=== PROBLEM REQUIREMENTS ===
Look below for the line containing "unfolding forward_of stitched". Output it and each remaining line of the entries exactly, and nothing else.

[Records from a dataset]
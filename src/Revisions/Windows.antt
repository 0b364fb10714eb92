-- ===== src/Revisions/Windows.antt =====
-- Revision windows, their normalisation, and the check of the stored ones.
use queueboard_core.Prelude.{
  ℕ, Bool, true, false, not, ◌||◌, Option, none, some, List, [], ◌∷◌, leb, ◌==◌, nat_eq,
  if◌then◌else◌,
}
use queueboard_core.Prelude.Text.{Text}
use queueboard_core.Prelude.Sorting.{sorted}

pub record Window : Type 0 where
  pub from_ts : ℕ
  pub sha : Text
  pub to_ts : Option ℕ

abbrev pub starts_before : Window → Window → Bool
starts_before v w = leb v.from_ts w.from_ts

-- `to_ts is not None and to_ts <= from_ts`
abbrev pub is_malformed : Window → Bool
is_malformed w = elim w.to_ts [ none ↦ false | some t ↦ leb t w.from_ts ]

-- `forward and from_ts <= forward[-1][0]`, by the start of the last window that was kept.
abbrev pub is_stale : Option ℕ → Window → Bool
is_stale none w = false
is_stale (some last) w = leb w.from_ts last

unfoldable pub forward_of : Option ℕ → List Window → List Window
forward_of last [] = []
forward_of last (w ∷ ws) =
    let dropped = forward_of last ws in
    let kept = w ∷ forward_of (some w.from_ts) ws in
    if is_malformed w || is_stale last w then dropped else kept

unfoldable pub stitched : List Window → List Window
stitched [] = []
stitched (w ∷ []) = w ∷ []
stitched (w ∷ v ∷ ws) = record w { to_ts = some v.from_ts } ∷ stitched (v ∷ ws)

unfoldable pub normalize_windows : List Window → List Window
unfolding forward_of stitched
normalize_windows windows = stitched (forward_of none (sorted starts_before windows))

-- `to_ts is None or to_ts <= from_ts or to_ts != rows[i + 1][0]`
abbrev pub is_broken : Window → Window → Bool
is_broken w next = elim w.to_ts [
  | none ↦ true
  | some t ↦ leb t w.from_ts || not (t == next.from_ts)
]

unfoldable pub revisions_need_recontiguation : List Window → Bool
revisions_need_recontiguation [] = false
revisions_need_recontiguation (w ∷ []) = is_malformed w
revisions_need_recontiguation (w ∷ v ∷ ws) = is_broken w v || revisions_need_recontiguation (v ∷ ws)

=== RESPONSE TO THE EXERCISE ===
unfolding forward_of stitched
normalize_windows windows = stitched (forward_of none (sorted starts_before windows))

-- `to_ts is None or to_ts <= from_ts or to_ts != rows[i + 1][0]`
abbrev pub is_broken : Window → Window → Bool
is_broken w next = elim w.to_ts [
  | none ↦ true
  | some t ↦ leb t w.from_ts || not (t == next.from_ts)
]

unfoldable pub revisions_need_recontiguation : List Window → Bool
revisions_need_recontiguation [] = false
revisions_need_recontiguation (w ∷ []) = is_malformed w
revisions_need_recontiguation (w ∷ v ∷ ws) = is_broken w v || revisions_need_recontiguation (v ∷ ws)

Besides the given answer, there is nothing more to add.